Outro elemento fundamental  de medida de comparação com a média do futebol europeu é, precisamente, o nível internacional dos pequenos e médios clubes. Aí, como se sabe, em Portugal o SC Braga é uma abençoada exceção a uma apagada e vil tristeza, porque os clubes que habitualmente se qualificam para as competições europeias, quer sejam elas a Liga Europa quer seja a Liga Conferência, são como alguns dos nossos antigos atletas olímpicos que chegavam aos Jogos, deslumbrados com o que viam, e logo anunciavam que o importante no ideal olímpico era participar e não ganhar. Assim, os clubes nacionais ficam agradecidos por terem direito a uma viagem que os leve a passar a fronteira, chegar a um país diferente e anunciar a sua presença em campo com uma timidez própria de uma mentalidade complexada e, por isso, anticompetitiva. Tudo os transtorna. Desde os hábitos alimentares, aos ambientes nos estádios, à forma diferente como os árbitros se comportam e, sobretudo, a estilos e modelos de jogo com que não estão habituados a serem confrontados.

O futebol dos clubes médios e dos clubes pequenos precisam, até mais do que de dinheiro para comprar mais e melhores jogadores, de uma mentalidade competitiva sem complexos, que os leve a abandonar táticas defensivas que fazem de um jogo um género de defesa de um cofre de um banco e não conseguem ainda perceber que se pode defender melhor jogando no campo todo. «Falta pulmão para o podermos fazer», dirão alguns treinadores. Não é verdade. Todos lá fora têm pulmões iguais. O que falta é mentalidade, exigência regular diária e, pelo que parece, embora possa estar enganado, conhecimento das novas metedologias do treino que está longe de se esgotar na ultrapassada ideia da condição física e por isso precisa de novos especialistas e novas ciências de apoio. O que o treino de hoje exige é a sustentabilidade global e constante de um homem que é atleta de profissão.
 

DENTRO DA ÁREA – O REGRESSO FELIZ DE CRISTIANO 

Cristiano voltou, jogou e marcou. Pareceu aliviado e até feliz.

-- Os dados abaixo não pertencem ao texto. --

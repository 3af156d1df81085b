-- ===== src/Folders/Order/Permutation.antt =====
-- core/bundled_folder_manager.cpp: a new order loses no node.
use vxcore.Folders.Order.Complete.{sorted_perm}
use mathlib.Core.List.{Perm}
use mathlib.Core.List.Perm
use vxcore.Prelude.{
  subst, none, false, Bool-cases, inr, inl, Option-cases, eq_refl, ap, ◌∙◌, refl, sym, eq_iff, [],
  ◌||◌, arith, ◌∷◌, true, str_eq, some, is_some, ◌≡◌, String, List, contains,
}
use vxcore.Folders.{FileRecord, find_file_record}
use vxcore.Folders.Order.{sorted, names_of, insert_name, same_names, reorder_files, is_permutation}

contains-insert_name :
    (a b : String) (xs : List String)
    → contains a (insert_name b xs) ≡ (str_eq b a || contains a xs)
unfolding contains insert_name
contains-insert_name a b [] = ground arith
contains-insert_name a b (x ∷ xs) = ground (arith, contains-insert_name a b xs)

contains-sorted : (a : String) (xs : List String) → contains a (sorted xs) ≡ contains a xs
unfolding contains sorted
contains-sorted a [] = refl
contains-sorted a (x ∷ xs) =
    ground (arith, contains-insert_name a x (sorted xs), contains-sorted a xs)

pub same_names-eq : (xs ys : List String) → same_names xs ys ≡ true → xs ≡ ys
unfolding same_names
same_names-eq [] [] h = refl
same_names-eq [] (y ∷ ys) h = ground (arith, h)
same_names-eq (x ∷ xs) [] h = ground (arith, h)
same_names-eq (x ∷ xs) (y ∷ ys) h = ground (arith, h, same_names-eq xs ys, eq_iff x y)

-- What passes the check is a permutation of the old order.
pub is_permutation_perm : (xs ys : List String) → is_permutation xs ys ≡ true → Perm xs ys
unfolding is_permutation
is_permutation_perm xs ys h =
    let same = same_names-eq (sorted xs) (sorted ys) (ground (arith, h)) in
    Perm.trans (Perm.symm (sorted_perm xs)) (subst (λ zs. Perm zs ys) (sym same) (sorted_perm ys))

-- What passes the check has the names of the old order.
is_permutation-contains :
    (xs ys : List String) (a : String) → is_permutation xs ys ≡ true → contains a ys ≡ contains a xs
unfolding is_permutation
is_permutation-contains xs ys a h =
    let same = same_names-eq (sorted xs) (sorted ys) (ground (arith, h)) in
    sym (contains-sorted a ys) ∙ ap (contains a) (sym same) ∙ contains-sorted a xs

module _ {J : Type 0} where
  pub find_file_record-name :
      (a : String) (files : List (FileRecord J)) (file : FileRecord J)
      → find_file_record a files ≡ some file
      → file.name ≡ a
  unfolding find_file_record
  find_file_record-name a [] file h = ground (arith, h)
  find_file_record-name a (f ∷ files) file h =
      ground (arith, h, find_file_record-name a files file, eq_iff f.name a)

  find_file_record-contains :
      (a : String) (files : List (FileRecord J))
      → is_some (find_file_record a files) ≡ contains a (names_of files)
  unfolding find_file_record contains names_of
  find_file_record-contains a [] = refl
  find_file_record-contains a (f ∷ files) = ground (arith, find_file_record-contains a files)

  -- Every name of the order has a record: the loop finds them all, under their names.
  reorder_files-some :
      (names : List String) (files : List (FileRecord J))
      → ((a : String) → contains a names ≡ true → contains a (names_of files) ≡ true)
      → (files' : List (FileRecord J)) × (reorder_files names files ≡ some files')
        × (names_of files' ≡ names)
        × ((a : String)
            → contains a names ≡ true
            → find_file_record a files' ≡ find_file_record a files)
  unfolding reorder_files names_of contains find_file_record
  reorder_files-some [] files known = ([], refl, refl, λ a h. ground (arith, h))
  reorder_files-some (name ∷ names) files known =
      let there : contains name (names_of files) ≡ true =
        known name (ground (arith, eq_refl name)) in
      let (later, p, q, r) = reorder_files-some names files (λ a h. known a (ground (arith, h))) in
      elim (Option-cases (find_file_record name files)) [
        | inl missing ↦
            absurd (ground (arith, missing, there, find_file_record-contains name files))
        | inr (file, here) ↦
            let named = find_file_record-name name files file here in
            (
              file ∷ later,
              ground (arith, here, p),
              ground (arith, named, q),
              λ a h. ground (arith, h, r a, here, named, eq_iff name a, eq_iff file.name a),
            )
      ]

  find_missing :
      (a : String) (files : List (FileRecord J))
      → contains a (names_of files) ≡ false
      → find_file_record a files ≡ none
  find_missing a files h = ground (arith, h, find_file_record-contains a files)

  -- An order that passes the check: its names and, under each name, the record of before.
  pub reorder_files-permutation :
      (order : List String) (files : List (FileRecord J))
      → is_permutation (names_of files) order ≡ true
      → (files' : List (FileRecord J)) × (reorder_files order files ≡ some files')
        × (names_of files' ≡ order)
        × ((a : String) → find_file_record a files' ≡ find_file_record a files)
  reorder_files-permutation order files h =
      let same = λ (a : String). is_permutation-contains (names_of files) order a h in
      let (files', p, q, r) = reorder_files-some order files (λ a k. sym (same a) ∙ k) in
      (
        files',
        p,
        q,
        λ a. elim (Bool-cases (contains a order)) [
          | inl known ↦ r a known
          | inr unknown ↦
              find_missing a files' (ap (contains a) q ∙ unknown)
              ∙ sym (find_missing a files (sym (same a) ∙ unknown))
        ],
      )
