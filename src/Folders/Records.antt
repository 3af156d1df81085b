-- ===== src/Folders/Records.antt =====
-- core/bundled_folder_manager.cpp: tags, attachments, metadata and times of a file.
use vxcore.Errors.{
  err_not_found, err_already_exists, vxcore_ok, err_read_only, err_json_parse, err_invalid_param,
}
use vxcore.Folders.Config.{with_config, with_saved}
use vxcore.Prelude.{
  contains, ◌&&◌, some, not, [], ◌∷◌, ◌++◌, none, if◌then◌else◌, true, Option, Bool, ℕ, String,
  List,
}
use vxcore.Folders.{
  write_through, find_file_record, file_untagged, file_tagged, file_tags_replaced,
  file_metadata_updated, file_detached, file_attachments_replaced, file_attached, emit_event,
  update_record, erase_name, Outcome, FolderEvent, FolderState, FileRecord, MetadataStore,
  FileSystem, Notebook, FolderConfig,
}
use vxcore.Utils.Paths.{split_path}

module _ {D S J : Type 0} (n : Notebook) (fs : FileSystem D J) (db : MetadataStore S J) where
  -- What the operations on one record share: the record is found and goes on to `next`, with its
  -- folder, the folder's config and the file's path.
  unfoldable pub with_file :
      ℕ
      → String
      → FolderState D S J
      → (String → String → FolderConfig J → FileRecord J → FolderState D S J → Outcome D S J)
      → Outcome D S J
  with_file fuel file_path st next =
      let path = n.get_clean_relative_path file_path in
      let (folder, file_name) = split_path path in
      if n.is_read_only
      then some (err_read_only, st)
      else with_config n fs db fuel folder st (λ config st1.
        elim (find_file_record file_name config.files) [
          | none ↦ some (err_not_found, st1)
          | some file ↦ next path folder config file st1
        ])

  -- The changed record is written, with its time as the folder's, then the store is told, and the event
  -- goes out.
  unfoldable pub save_record :
      String
      → FolderConfig J
      → FileRecord J
      → FileRecord J
      → (S → Bool × S)
      → FolderEvent J
      → FolderState D S J
      → Outcome D S J
  save_record folder config file file' call event st =
      let config' = record config {
        files = update_record file.name (λ f. file') config.files;
        modified_utc = file'.modified_utc;
      } in
      with_saved n fs folder config' st
        (λ st2. some (vxcore_ok, emit_event event (write_through call st2)))

  unfoldable pub tag_file : ℕ → String → String → ℕ → FolderState D S J → Outcome D S J
  tag_file fuel file_path tag_name now st =
      with_file fuel file_path st (λ path folder config file st1.
        if not (n.find_tag tag_name)
        then some (err_invalid_param, st1)
        else if contains tag_name file.tags
        then some (err_already_exists, st1)
        else save_record folder config file
            record file { tags = file.tags ++ tag_name ∷ []; modified_utc = now }
            (db.add_tag_to_file file.id tag_name) (file_tagged path tag_name) st1)

  unfoldable pub untag_file : ℕ → String → String → ℕ → FolderState D S J → Outcome D S J
  untag_file fuel file_path tag_name now st =
      with_file fuel file_path st (λ path folder config file st1.
        if not (contains tag_name file.tags)
        then some (err_not_found, st1)
        else save_record folder config file
            record file { tags = erase_name tag_name file.tags; modified_utc = now }
            (db.remove_tag_from_file file.id tag_name) (file_untagged path tag_name) st1)

  all_known : List String → Bool
  all_known [] = true
  all_known (tag ∷ tags) = n.find_tag tag && all_known tags

  -- `tags` is what the JSON text parses to: `none` where it is not an array of strings.
  unfoldable pub update_file_tags :
      ℕ → String → Option (List String) → ℕ → FolderState D S J → Outcome D S J
  unfolding all_known
  update_file_tags fuel file_path tags now st =
      with_file fuel file_path st (λ path folder config file st1. elim tags [
        | none ↦ some (err_json_parse, st1)
        | some new_tags ↦
            if not (all_known new_tags)
            then some (err_invalid_param, st1)
            else save_record folder config file record file { tags = new_tags; modified_utc = now }
                (db.set_file_tags file.id new_tags) (file_tags_replaced path new_tags) st1
      ])

  -- `metadata` is `none` where the JSON text is not an object.
  unfoldable pub update_file_metadata :
      ℕ → String → Option J → ℕ → FolderState D S J → Outcome D S J
  update_file_metadata fuel file_path metadata now st =
      with_file fuel file_path st (λ path folder config file st1. elim metadata [
        | none ↦ some (err_json_parse, st1)
        | some new ↦
            save_record folder config file record file { metadata = new; modified_utc = now }
              (db.update_file file.id file.name now new) (file_metadata_updated path) st1
      ])

  unfoldable pub update_file_attachments :
      ℕ → String → Option (List String) → ℕ → FolderState D S J → Outcome D S J
  update_file_attachments fuel file_path attachments now st =
      with_file fuel file_path st (λ path folder config file st1. elim attachments [
        | none ↦ some (err_json_parse, st1)
        | some new ↦
            save_record folder config file record file { attachments = new; modified_utc = now }
              (db.set_file_attachments file.id new) (file_attachments_replaced path new) st1
      ])

  unfoldable pub add_file_attachment : ℕ → String → String → ℕ → FolderState D S J → Outcome D S J
  add_file_attachment fuel file_path attachment now st =
      with_file fuel file_path st (λ path folder config file st1.
        let new = file.attachments ++ attachment ∷ [] in
        if contains attachment file.attachments
        then some (vxcore_ok, st1)
        else save_record folder config file record file { attachments = new; modified_utc = now }
            (db.set_file_attachments file.id new) (file_attached path attachment) st1)

  unfoldable pub delete_file_attachment :
      ℕ → String → String → ℕ → FolderState D S J → Outcome D S J
  delete_file_attachment fuel file_path attachment now st =
      with_file fuel file_path st (λ path folder config file st1.
        let new = erase_name attachment file.attachments in
        if not (contains attachment file.attachments)
        then some (vxcore_ok, st1)
        else save_record folder config file record file { attachments = new; modified_utc = now }
            (db.set_file_attachments file.id new) (file_detached path attachment) st1)
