-- ===== src/Server/Course.antt =====
-- What the server keeps from any point of its run to any later one: the part of the state that
-- outlives a step, and the relation between two of them. The children show it of the operations.
pub mod Keep
pub mod Rooms
pub mod Queues
pub mod Removal
pub mod Inform
pub mod Travel
pub mod Moderate
pub mod Status
pub mod Lines
pub mod Operate
pub mod OperatorLines
pub mod Sessions
pub mod Onboard
pub mod Steps
pub mod Events
pub mod Start
use net_cat.Base.{
  Bytes, codes, bytes_eq, ◌||◌, is_member, ℕ, ◌≤◌, ◌<◌, Bool, true, ◌≡◌, refl, ◌∙◌, ◌⊎◌, inl, inr,
  List, [], ◌∷◌, ◌++◌, Option, none, some, append_assoc, append-nil, sym, ap, subst, arith,
  both_branches, if◌then◌else◌,
}
use net_cat.Base.Assoc.{Assoc, lookup}
use net_cat.Client.{Client}
use net_cat.Logger.{Disk, content_of}
use net_cat.Logger.Growth.{Extends}
use net_cat.Server.{Server, Room, QueueEntry}

pub record View : Type 0 where
  pub quit : Bool
  pub default_room : Bytes
  pub heap : ℕ → Client
  pub admitted : List ℕ
  pub next_entry : ℕ
  pub rooms : Assoc Room
  pub disk : Disk

abbrev pub view : Server → View
view s = record {
  quit = s.quit;
  default_room = s.default_room;
  heap = s.heap;
  admitted = s.admitted;
  next_entry = s.next_entry;
  rooms = s.rooms;
  disk = s.disk;
}

abbrev pub queue_in : Option Room → List QueueEntry
queue_in none = []
queue_in (some r) = r.queue

-- The queue of a room, empty if there is no such room.
abbrev pub queue_at : Bytes → View → List QueueEntry
queue_at room v = queue_in (lookup room v.rooms)

abbrev pub In : QueueEntry → List QueueEntry → Type 0
In e [] = ⊥
In e (x ∷ xs) = (x ≡ e) ⊎ In e xs

abbrev pub IsThere : Option Room → Type 0
IsThere none = ⊥
IsThere (some r) = Unit

-- Why an entry may have left its queue: it has been admitted, its client is closed, or is one of
-- those that the step is about to close.
abbrev pub MayLeave : List ℕ → View → QueueEntry → Type 0
MayLeave leaving v e =
    (is_member e.id v.admitted ≡ true)
    ⊎ ((v.heap e.client).done ≡ true)
    ⊎ (is_member e.client leaving ≡ true)

-- The reasons after which `cleanupConnection` leaves the client's end to the moderation.
abbrev pub is_expelled : Bytes → Bool
is_expelled reason = bytes_eq reason (codes "kicked") || bytes_eq reason (codes "banned")

-- From `u` to `v`: what is closed, expelled, admitted or shutting down stays so, addresses and the
-- default room stay, log files grow at their end only, and no entry leaves a queue but for a
-- reason, nor appears there but under a new number.
pub record Later (leaving : List ℕ) (v u : View) : Type 0 where
  pub quits : u.quit ≡ true → v.quit ≡ true
  pub same_default : v.default_room ≡ u.default_room
  pub has_default :
      IsThere (lookup u.default_room u.rooms) → IsThere (lookup u.default_room v.rooms)
  pub closed : (i : ℕ) → (u.heap i).done ≡ true → (v.heap i).done ≡ true
  pub expelled :
      (i : ℕ)
      → is_expelled (u.heap i).disconnect_reason ≡ true
      → is_expelled (v.heap i).disconnect_reason ≡ true
  pub address : (i : ℕ) → (v.heap i).ip ≡ (u.heap i).ip
  pub admits : (id : ℕ) → is_member id u.admitted ≡ true → is_member id v.admitted ≡ true
  pub counts : u.next_entry ≤ v.next_entry
  pub logs : (path : Bytes) → Extends (content_of path u.disk.files) (content_of path v.disk.files)
  pub stays :
      (room : Bytes) (e : QueueEntry)
      → In e (queue_at room u)
      → In e (queue_at room v) ⊎ MayLeave leaving v e
  pub comes :
      (room : Bytes) (e : QueueEntry)
      → In e (queue_at room v)
      → In e (queue_at room u) ⊎ ((u.next_entry ≤ e.id) × (e.id < v.next_entry))

pub unchanged : {leaving : List ℕ} {v : View} → Later leaving v v
unchanged {leaving} {v} = record {
  quits = λ h. h;
  same_default = refl;
  has_default = λ h. h;
  closed = λ i h. h;
  expelled = λ i h. h;
  address = λ i. refl;
  admits = λ id h. h;
  counts = omega arith;
  logs = λ path. ([], sym (append-nil _));
  stays = λ room e h. inl h;
  comes = λ room e h. inl h;
}

-- What was there is found again, or has left for a reason.
module _ (leaving : List ℕ) (w v u : View) (later : Later leaving w v)
    (sooner : Later leaving v u) where
  still_left : (e : QueueEntry) → MayLeave leaving v e → MayLeave leaving w e
  still_left e (inl h) = inl (later.admits e.id h)
  still_left e (inr (inl h)) = inr (inl (later.closed e.client h))
  still_left e (inr (inr h)) = inr (inr h)

  stays_on :
      (room : Bytes) (e : QueueEntry)
      → In e (queue_at room v) ⊎ MayLeave leaving v e
      → In e (queue_at room w) ⊎ MayLeave leaving w e
  stays_on room e (inl h) = later.stays room e h
  stays_on room e (inr h) = inr (still_left e h)

  came :
      (room : Bytes) (e : QueueEntry)
      → In e (queue_at room v) ⊎ ((v.next_entry ≤ e.id) × (e.id < w.next_entry))
      → In e (queue_at room u) ⊎ ((u.next_entry ≤ e.id) × (e.id < w.next_entry))
  came room e (inl h) = earlier (sooner.comes room e h)
    where
      earlier :
          In e (queue_at room u) ⊎ ((u.next_entry ≤ e.id) × (e.id < v.next_entry))
          → In e (queue_at room u) ⊎ ((u.next_entry ≤ e.id) × (e.id < w.next_entry))
      earlier (inl h) = inl h
      earlier (inr (l, r)) = inr (l, omega (arith, later.counts))
  came room e (inr (l, r)) = inr (omega (arith, sooner.counts), r)

  longer : (path : Bytes) → Extends (content_of path u.disk.files) (content_of path w.disk.files)
  longer path =
      let (x, p) = sooner.logs path in
      let (y, q) = later.logs path in
      (x ++ y, q ∙ ap (λ (t : Bytes). t ++ y) p ∙ append_assoc _ x y)

  default_stays : IsThere (lookup u.default_room u.rooms) → IsThere (lookup u.default_room w.rooms)
  default_stays h =
      subst (λ (n : Bytes). IsThere (lookup n w.rooms)) sooner.same_default
        (later.has_default (
          subst (λ (n : Bytes). IsThere (lookup n v.rooms)) (sym sooner.same_default)
            (sooner.has_default h)))

  compose : Later leaving w u
  compose = record {
    quits = λ h. later.quits (sooner.quits h);
    same_default = later.same_default ∙ sooner.same_default;
    has_default = default_stays;
    closed = λ i h. later.closed i (sooner.closed i h);
    expelled = λ i h. later.expelled i (sooner.expelled i h);
    address = λ i. later.address i ∙ sooner.address i;
    admits = λ id h. later.admits id (sooner.admits id h);
    counts = omega (arith, later.counts, sooner.counts);
    logs = longer;
    stays = λ room e h. stays_on room e (sooner.stays room e h);
    comes = λ room e h. came room e (later.comes room e h);
  }

-- From one server to a later one.
pub record After (leaving : List ℕ) (t s : Server) : Type 0 where
  pub course : Later leaving (view t) (view s)

module _ {leaving : List ℕ} where
  -- What the view does not show may change.
  pub unseen : {t s : Server} → view t ≡ view s → After leaving t s
  unseen {t} {s} e = record {
    course = subst (λ (v : View). Later leaving v (view s)) (sym e) unchanged;
  }

  pub same : {s : Server} → After leaving s s
  same = unseen refl

  infixr 40 ◌⨾◌
  pub ◌⨾◌ : {u t s : Server} → After leaving u t → After leaving t s → After leaving u s
  later ⨾ sooner = record { course = compose _ _ _ _ later.course sooner.course }

  -- Both branches of an `if`.
  pub either :
      (test : Bool) {a b s : Server}
      → After leaving a s
      → After leaving b s
      → After leaving (if test then a else b) s
  either test {s} h k = both_branches (λ (x : Server). After leaving x s) test h k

A forma como festejou o golo mereceu celebração diferente, porque sentiu a necessidade de se reconciliar com os adeptos do United e seus admiradores. Virou-se para eles e apontou para o coração. Várias interpretações tem o coração. Pode ser paixão e pode ser perdão. Seja como for, talvez Cristiano tenha encontrado uma porta no labirinto em que se tinha metido. Agora é só preciso concentrar-se no essencial e preparar-se para o seu último campeonato do mundo. 
 

FORA DA ÁREA – FAÇA DIETA NA MESA E NA VIDA 

Os portugueses esquecem-se com facilidade que nem Portugal, nem o seu governo, mandam em tudo o que cá se passa. Para dizer a verdade, governam com o que têm, mais o que lhe dão e descontando o que lhe tiram, como qualquer cidadão anónimo. Em matéria de economia, então, seguimos o que Banco Central Europeu determina, que por sua vez segue, mesmo em diferentes contextos, os patrões da economia americana. A doença - já se sabe -  afeta os povos, por isso nos dizem, coma menos, faça dieta na mesa e na vida.